-- ===== src/Tests/Logs.antt =====
-- An append-only file with a few entries, its ring, and a restart.
use lloogg.Prelude.{ℕ, ◌≡◌, refl, none, some, List, [], ◌∷◌, ◌++◌, arith, take, All, replicate}
use lloogg.Record.{to_bytes}
use lloogg.HashMap.{lookup}
use lloogg.Constants.{status_ok}
use lloogg.Outcome.{done}
use lloogg.Store.{Store}
use lloogg.Store.Spec.{no_logs}
use lloogg.Store.View.{HasLogs}
use lloogg.Config.{everysec}
use lloogg.Aof.{put_bytes, ring_write, flush_to, AofWriter, Writes, pending, flush_once}
use lloogg.Aof.Circular.{circular-zero}
use lloogg.Aof.Entry.{Entry, push, del, IsEntry, entries_bytes}
use lloogg.Aof.Log
use lloogg.Aof.Log.{log, IsComplete, Appended, ring_write_lem}
use lloogg.Aof.Flush.{flush_once_drops}
use lloogg.Aof.Threads.{Shared, here, next, load, IsDurable, Steps-IsDurable}
use lloogg.Connection.{Connection, read_payload}
use lloogg.Commands.{push_command, del_command}
use lloogg.Commands.Frame
use lloogg.Commands.Push.{Answers}
use lloogg.Recovery.{replay_aof}
use lloogg.Recovery.Round.{IsTorn}
use lloogg.Recovery.Replay.{apply_all, replay_aof_lem}
use lloogg.Recovery.Restart.{logs_after}
use lloogg.Recovery.Service.{IsRecorded, push_command-IsRecorded, del_command-IsRecorded}
use lloogg.Tests.Stores.{zeroed, visit, visit-IsTyped, two_slots, two_slots-IsValid, two-IsCapacity}

abbrev pub whole_writes : Writes
whole_writes i n = some n

abbrev failing_writes : Writes
failing_writes i n = none

-- A ring three bytes before the end of its buffer, with nothing pending.
abbrev pub near_end : AofWriter
near_end = record { buf = zeroed; head = 4194301; tail = 4194301; file = []; fsync_mode = everysec }

pub near_end-IsValid : Log.IsValid near_end
unfolding pending
near_end-IsValid = omega arith

log-near_end : log near_end ≡ []
unfolding log pending
log-near_end = circular-zero zeroed 4194301

-- Five zero bytes pending, of which a flush has seen two.
abbrev five_pending : AofWriter
five_pending = record near_end { head = 4194306 }

five_pending-IsValid : Log.IsValid five_pending
unfolding pending
five_pending-IsValid = omega arith

-- Three bytes more, behind a flush that has failed.
abbrev three_more : AofWriter
three_more = record (flush_once failing_writes five_pending) {
  buf = put_bytes (flush_once failing_writes five_pending).buf 2 (7 ∷ 8 ∷ 9 ∷ []);
  head = 4194309;
}

three_more-appended :
    ring_write (flush_once failing_writes five_pending) (7 ∷ 8 ∷ 9 ∷ []) ≡ some three_more
unfolding ring_write flush_once flush_to pending
three_more-appended = refl

flush_once_drops_example :
    ((flush_once failing_writes five_pending).head ≡ 4194306)
    × ((flush_once failing_writes five_pending).tail ≡ 4194306)
    × ((flush_once whole_writes three_more).file ≡ 7 ∷ 8 ∷ 9 ∷ [])
flush_once_drops_example =
    flush_once_drops failing_writes five_pending (λ i n. refl) five_pending-IsValid whole_writes
      (7 ∷ 8 ∷ 9 ∷ []) (λ i n. refl) three_more-appended

abbrev idle : Shared
idle = record { writer = near_end; seen = none; history = [] }

idle-IsDurable : IsDurable idle
idle-IsDurable = record { valid = near_end-IsValid; complete = log-near_end; seen = tt }

Steps-IsDurable_example : IsDurable (record idle { seen = some 4194301 })
Steps-IsDurable_example =
    Steps-IsDurable {writes = whole_writes} (λ i n. refl) idle-IsDurable (next here (load refl))

abbrev two_entries : List Entry
two_entries = push 7 visit 9 ∷ del 7 10 ∷ []

two_entries-IsEntry : All IsEntry two_entries
two_entries-IsEntry = omega arith

-- The first twenty bytes of a push.
abbrev torn : List ℕ
torn = take 20 (entries_bytes (push 8 visit 11 ∷ []))

torn-IsTorn : IsTorn torn
unfolding to_bytes
torn-IsTorn = record { entry = push 8 visit 11; kept = 20; short = omega arith; torn_eq = refl }

replay_aof_example :
    replay_aof (entries_bytes two_entries ++ torn) 9 two_slots
    ≡ some (apply_all 9 two_entries two_slots)
replay_aof_example = replay_aof_lem two_entries torn 9 two_slots two_entries-IsEntry torn-IsTorn

pub two_slots-HasLogs : HasLogs 2 2 no_logs two_slots
unfolding lookup
two_slots-HasLogs = record { valid = two_slots-IsValid; capacity = refl; logs_eq = refl }

pub two_slots-IsRecorded : IsRecorded 2 2 [] two_slots near_end
unfolding logs_after
two_slots-IsRecorded = record {
  store = two_slots-HasLogs;
  ring = near_end-IsValid;
  logged = log-near_end;
  entries = tt;
}

abbrev pub requesting : Frame.Request → Connection
requesting req = record {
  fd = 5;
  state = read_payload;
  rbuf = Frame.encode req ++ replicate 8 0;
  rbuf_pos = 0;
  wbuf = replicate 64 0;
  wbuf_len = 0;
  wbuf_pos = 0;
}

push-Holds : Frame.Holds (requesting (Frame.push 7 visit)) (Frame.push 7 visit)
unfolding to_bytes
push-Holds = refl

push_command-IsRecorded_example :
    (conn' : Connection) × (s' : Store) × (w' : AofWriter) × (push_command whole_writes 9
        (requesting (Frame.push 7 visit))
        two_slots
        near_end
      ≡ done (conn', s', w'))
    × IsRecorded 2 2 (push 7 visit 9 ∷ []) s' w'
    × Answers conn' status_ok
unfolding pending
push_command-IsRecorded_example =
    push_command-IsRecorded whole_writes 9 (requesting (Frame.push 7 visit)) (omega arith)
      two_slots-IsRecorded (λ e. cc) (omega arith) (omega arith) (omega arith) 7 visit
      (omega arith, visit-IsTyped) push-Holds two-IsCapacity (omega arith)

del_command-IsRecorded_example :
    (conn' : Connection) × (s' : Store) × (w' : AofWriter) × (del_command whole_writes 9
        (requesting (Frame.del 7))
        two_slots
        near_end
      ≡ done (conn', s', w'))
    × IsRecorded 2 2 (del 7 9 ∷ []) s' w'
    × Answers conn' status_ok
unfolding pending
del_command-IsRecorded_example =
    del_command-IsRecorded whole_writes 9 (requesting (Frame.del 7)) (omega arith)
      two_slots-IsRecorded (λ e. cc) (omega arith) (omega arith) (omega arith) 7 (omega arith) refl
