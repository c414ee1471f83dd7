-- ===== src/Tests/Restart.antt =====
-- A store with one record, its snapshot, and the file behind it.
use mathlib.Core.Path.{fun_ext}
use lloogg.Prelude.{
  ◌+◌, ◌≤◌, ◌≡◌, refl, sym, ap, ◌∙◌, inl, Option, none, some, List, [], ◌∷◌, ◌++◌, arith, subst,
  All, append-nil,
}
use lloogg.Error.{ok}
use lloogg.Files.{read}
use lloogg.Store.{Store, push_record, erase, len}
use lloogg.Store.Spec.{Logs, no_logs, push_log, erase_log}
use lloogg.Store.View.{IsValid, HasLogs, view}
use lloogg.Store.Plain.{ArePlain, no_logs-ArePlain, push_log-ArePlain}
use lloogg.Store.Push.{Pushed, push_record_lem}
use lloogg.Store.Erase.{Erased, erase_lem}
use lloogg.Aof.{AofWriter, pending, flush_once}
use lloogg.Aof.Circular.{circular-zero}
use lloogg.Aof.Entry.{Entry, push, del, IsEntry, entries_bytes}
use lloogg.Aof.Log.{log}
use lloogg.Snapshot.{dump_bytes, parse_snapshot}
use lloogg.Snapshot.Keys.{IsIteration}
use lloogg.Snapshot.RoundTrip.{parse_snapshot-dump_bytes}
use lloogg.Recovery.{recover}
use lloogg.Recovery.Restart.{logs_after}
use lloogg.Recovery.Service.{IsRecorded}
use lloogg.Recovery.Snapshots.{snapshot_restart_lem}
use lloogg.Tests.Stores.{zeroed, visit, visit-IsTyped, two_slots, two_slots-IsValid, two-IsCapacity}
use lloogg.Tests.Logs.{near_end, two_slots-HasLogs, whole_writes}

abbrev pub stored : Option Store → Store
stored none = two_slots
stored (some s) = s

-- User 7 has one record.
abbrev pub one_pushed : Store
one_pushed = stored (push_record two_slots 7 visit 9)

one_pushed-Pushed : Pushed 2 two_slots 7 visit 9 one_pushed
one_pushed-Pushed =
    let (s', pushed, p) =
      push_record_lem 7 visit 9 visit-IsTyped two-IsCapacity two_slots-IsValid
        (inl (omega arith)) in
    subst (Pushed 2 two_slots 7 visit 9) (sym (ap stored pushed)) p

pub one_log : Logs
one_log = push_log 2 7 visit 9 no_logs

pub one_pushed-HasLogs : HasLogs 2 2 one_log one_pushed
unfolding one_log
one_pushed-HasLogs = record {
  valid = one_pushed-Pushed.valid;
  capacity = one_pushed-Pushed.capacity;
  logs_eq = fun_ext one_pushed-Pushed.logs ∙ ap (push_log 2 7 visit 9) (two_slots-HasLogs.logs_eq);
}

one_log-ArePlain : ArePlain 2 one_log
unfolding one_log
one_log-ArePlain =
    push_log-ArePlain 2 7 visit 9 no_logs (omega arith) (omega arith) (omega arith) visit-IsTyped
      (no_logs-ArePlain 2)

pub own_order : IsIteration one_pushed.map_of one_pushed.map_of
own_order = record { keys = one_pushed-HasLogs.valid.parts.keys; same = λ k. refl; size = refl }

pub len-one_pushed : len one_pushed ≤ 1
len-one_pushed = one_pushed-Pushed.len_le

parse_snapshot-dump_bytes_example :
    (s' : Store) × (parse_snapshot (dump_bytes one_pushed one_pushed.map_of 20) two_slots
      ≡ some (20, s'))
    × HasLogs 2 2 one_log s'
    × (len s' ≤ len two_slots + len one_pushed)
parse_snapshot-dump_bytes_example =
    parse_snapshot-dump_bytes one_pushed.map_of 20 one_pushed-HasLogs own_order one_log-ArePlain
      two-IsCapacity two_slots-HasLogs (omega (arith, len-one_pushed))
      (omega (arith, len-one_pushed)) (omega arith)

-- The ring of `near_end` behind a file of these entries.
abbrev pub logging : List Entry → AofWriter
logging es = record near_end { file = entries_bytes es }

log-logging : (es : List Entry) → log (logging es) ≡ entries_bytes es
unfolding log pending
log-logging es =
    ap (λ t. entries_bytes es ++ t) (circular-zero zeroed 4194301) ∙ append-nil (entries_bytes es)

logging-IsRecorded :
    (es : List Entry) {s : Store}
    → HasLogs 2 2 (logs_after 2 0 es no_logs) s
    → All IsEntry es
    → IsRecorded 2 2 es s (logging es)
unfolding pending
logging-IsRecorded es h i = record {
  store = h;
  ring = omega arith;
  logged = log-logging es;
  entries = i;
}

pub pushed-IsRecorded :
    IsRecorded 2 2 (push 7 visit 9 ∷ []) one_pushed (logging (push 7 visit 9 ∷ []))
unfolding logs_after one_log
pushed-IsRecorded =
    logging-IsRecorded (push 7 visit 9 ∷ []) one_pushed-HasLogs
      ((omega arith, omega arith, visit-IsTyped), tt)

abbrev pub erased_after : List Entry
erased_after = push 7 visit 9 ∷ del 7 25 ∷ []

-- User 7 is removed again.
erased-HasLogs : HasLogs 2 2 (erase_log 7 one_log) (erase one_pushed 7)
erased-HasLogs =
    let p : Erased 2 one_pushed 7 (erase one_pushed 7) = erase_lem 7 one_pushed-HasLogs.valid in
    record {
      valid = p.valid;
      capacity = p.capacity ∙ one_pushed-HasLogs.capacity;
      logs_eq = fun_ext p.logs ∙ ap (erase_log 7) one_pushed-HasLogs.logs_eq;
    }

pub erased-IsRecorded : IsRecorded 2 2 erased_after (erase one_pushed 7) (logging erased_after)
unfolding logs_after one_log
erased-IsRecorded =
    logging-IsRecorded erased_after erased-HasLogs
      ((omega arith, omega arith, visit-IsTyped), ((omega arith, omega arith), tt))

snapshot_restart_example :
    (s' : Store) × (recover
        (read (dump_bytes one_pushed one_pushed.map_of 20))
        (read (flush_once whole_writes (logging erased_after)).file)
        two_slots
      ≡ some (some (ok s')))
    × IsValid 2 s'
    × (s'.capacity ≡ 2)
    × (view s' ≡ view (erase one_pushed 7))
snapshot_restart_example =
    snapshot_restart_lem whole_writes (del 7 25 ∷ []) one_pushed.map_of 20 two_slots (λ i n. refl)
      pushed-IsRecorded erased-IsRecorded own_order (omega arith) (omega arith) two-IsCapacity
      (omega (arith, len-one_pushed)) (omega arith) two_slots-HasLogs
      (omega (arith, len-one_pushed))
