-- ===== src/Tests/Disk.antt =====
-- Dumps that are cut off or fail, and the recovery behind them.
use lloogg.Prelude.{◌≡◌, refl, sym, ap, ◌∙◌, inl, none, some, [], ◌∷◌, ◌++◌, arith, take}
use lloogg.Error.{ok}
use lloogg.Files.{read}
use lloogg.Store.{Store, push_record, erase}
use lloogg.Store.View.{IsValid, view}
use lloogg.Store.Push.{push_record_lem}
use lloogg.Aof.{flush_once}
use lloogg.Aof.Entry.{push, del, entry_bytes, entries_bytes}
use lloogg.Snapshot.{dump_bytes}
use lloogg.Snapshot.Disk.{Directory, Disk, affected, reading, dump_to_path}
use lloogg.Snapshot.Atomic.{IsAtomic, dump_to_path-IsAtomic}
use lloogg.Recovery.{replay_aof, recover}
use lloogg.Recovery.Round.{IsTorn}
use lloogg.Recovery.Replay.{apply_all}
use lloogg.Recovery.Tail.{torn_push, spliced, replay_aof-cut_tail}
use lloogg.Recovery.Crash.{IsSnapshot, crash_restart_lem}
use lloogg.Tests.Stores.{visit, visit-IsTyped, two_slots, two_slots-IsValid, two-IsCapacity}
use lloogg.Tests.Logs.{two_slots-HasLogs, whole_writes}
use lloogg.Tests.Restart.{
  stored, one_pushed, own_order, len-one_pushed, logging, erased_after, pushed-IsRecorded,
  erased-IsRecorded,
}

-- The sync of this disk fails.
abbrev unsynced : Disk
unsynced = record {
  create = none;
  write = λ i. none;
  flush = none;
  into_inner = none;
  sync = some 5;
  rename = none;
}

abbrev old_snapshot : Directory
old_snapshot = record {
  buffer = [];
  tmp = none;
  bin = some (dump_bytes one_pushed one_pushed.map_of 20);
}

dump_to_path-IsAtomic_example :
    IsAtomic 3 old_snapshot
      (dump_bytes one_pushed one_pushed.map_of 22)
      (dump_to_path unsynced one_pushed one_pushed.map_of 22)
dump_to_path-IsAtomic_example =
    dump_to_path-IsAtomic unsynced one_pushed one_pushed.map_of 22 3 old_snapshot (λ i h. refl)

before : IsSnapshot 2 2 one_pushed one_pushed.map_of 20 (push 7 visit 9 ∷ []) (del 7 25 ∷ [])
before = record {
  writer = logging (push 7 visit 9 ∷ []);
  recorded = pushed-IsRecorded;
  iteration = own_order;
  covered = omega arith;
  behind = omega arith;
  small = omega (arith, len-one_pushed);
  word = omega arith;
}

after : IsSnapshot 2 2 one_pushed one_pushed.map_of 22 (push 7 visit 9 ∷ []) (del 7 25 ∷ [])
after = record {
  writer = logging (push 7 visit 9 ∷ []);
  recorded = pushed-IsRecorded;
  iteration = own_order;
  covered = omega arith;
  behind = omega arith;
  small = omega (arith, len-one_pushed);
  word = omega arith;
}

-- A crash after three calls of a second dump, and a removal behind it.
crash_restart_example :
    (s' : Store) × (recover
        (reading
          (affected old_snapshot
            (take 3 (dump_to_path unsynced one_pushed one_pushed.map_of 22).0)).bin)
        (read (flush_once whole_writes (logging erased_after)).file)
        two_slots
      ≡ some (some (ok s')))
    × IsValid 2 s'
    × (s'.capacity ≡ 2)
    × (view s' ≡ view (erase one_pushed 7))
crash_restart_example =
    crash_restart_lem unsynced 3 old_snapshot whole_writes (push 7 visit 9 ∷ []) [] (del 7 25 ∷ [])
      one_pushed one_pushed.map_of two_slots (λ i h. refl) refl before after erased-IsRecorded
      (λ i n. refl) two-IsCapacity two_slots-HasLogs (omega (arith, len-one_pushed))
      (omega (arith, len-one_pushed))

one_pushed-eq : push_record two_slots 7 visit 9 ≡ some one_pushed
one_pushed-eq =
    let (s', pushed, p) =
      push_record_lem 7 visit 9 visit-IsTyped two-IsCapacity two_slots-IsValid
        (inl (omega arith)) in
    pushed ∙ ap some (sym (ap stored pushed))

apply_all-one :
    (s s' : Store)
    → push_record s 7 visit 9 ≡ some s'
    → apply_all 0 (push 7 visit 9 ∷ []) s ≡ some s'
unfolding apply_all
apply_all-one s s' h = rw (apply_all, h)

-- User 8's push was cut behind five bytes of its record, and user 7 is then removed.
replay_aof-cut_tail_example :
    IsTorn (torn_push 8 visit 11 5)
    × (replay_aof
          (entries_bytes (push 7 visit 9 ∷ [])
            ++ (torn_push 8 visit 11 5 ++ entry_bytes (del 7 12)))
          0
          two_slots
        ≡ some (push_record one_pushed 8 (spliced visit 5 (entry_bytes (del 7 12))) 11))
replay_aof-cut_tail_example =
    replay_aof-cut_tail (push 7 visit 9 ∷ []) 8 visit 11 5 7 12 0 two_slots
      ((omega arith, omega arith, visit-IsTyped), tt) (omega arith) (omega arith) (omega arith)
      (omega arith) (omega arith) (apply_all-one two_slots one_pushed one_pushed-eq)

How to complete this task — Set down, unchanged, only those lines above that fall between the line with "2 one_log s'" and the line with "erased_after = push 7 visit 9 ∷ del 7 25 ∷ []", the two end lines included.

Exercise solution —
    × HasLogs 2 2 one_log s'
    × (len s' ≤ len two_slots + len one_pushed)
parse_snapshot-dump_bytes_example =
    parse_snapshot-dump_bytes one_pushed.map_of 20 one_pushed-HasLogs own_order one_log-ArePlain
      two-IsCapacity two_slots-HasLogs (omega (arith, len-one_pushed))
      (omega (arith, len-one_pushed)) (omega arith)

-- The ring of `near_end` behind a file of these entries.
abbrev pub logging : List Entry → AofWriter
logging es = record near_end { file = entries_bytes es }

log-logging : (es : List Entry) → log (logging es) ≡ entries_bytes es
unfolding log pending
log-logging es =
    ap (λ t. entries_bytes es ++ t) (circular-zero zeroed 4194301) ∙ append-nil (entries_bytes es)

logging-IsRecorded :
    (es : List Entry) {s : Store}
    → HasLogs 2 2 (logs_after 2 0 es no_logs) s
    → All IsEntry es
    → IsRecorded 2 2 es s (logging es)
unfolding pending
logging-IsRecorded es h i = record {
  store = h;
  ring = omega arith;
  logged = log-logging es;
  entries = i;
}

pub pushed-IsRecorded :
    IsRecorded 2 2 (push 7 visit 9 ∷ []) one_pushed (logging (push 7 visit 9 ∷ []))
unfolding logs_after one_log
pushed-IsRecorded =
    logging-IsRecorded (push 7 visit 9 ∷ []) one_pushed-HasLogs
      ((omega arith, omega arith, visit-IsTyped), tt)

abbrev pub erased_after : List Entry
erased_after = push 7 visit 9 ∷ del 7 25 ∷ []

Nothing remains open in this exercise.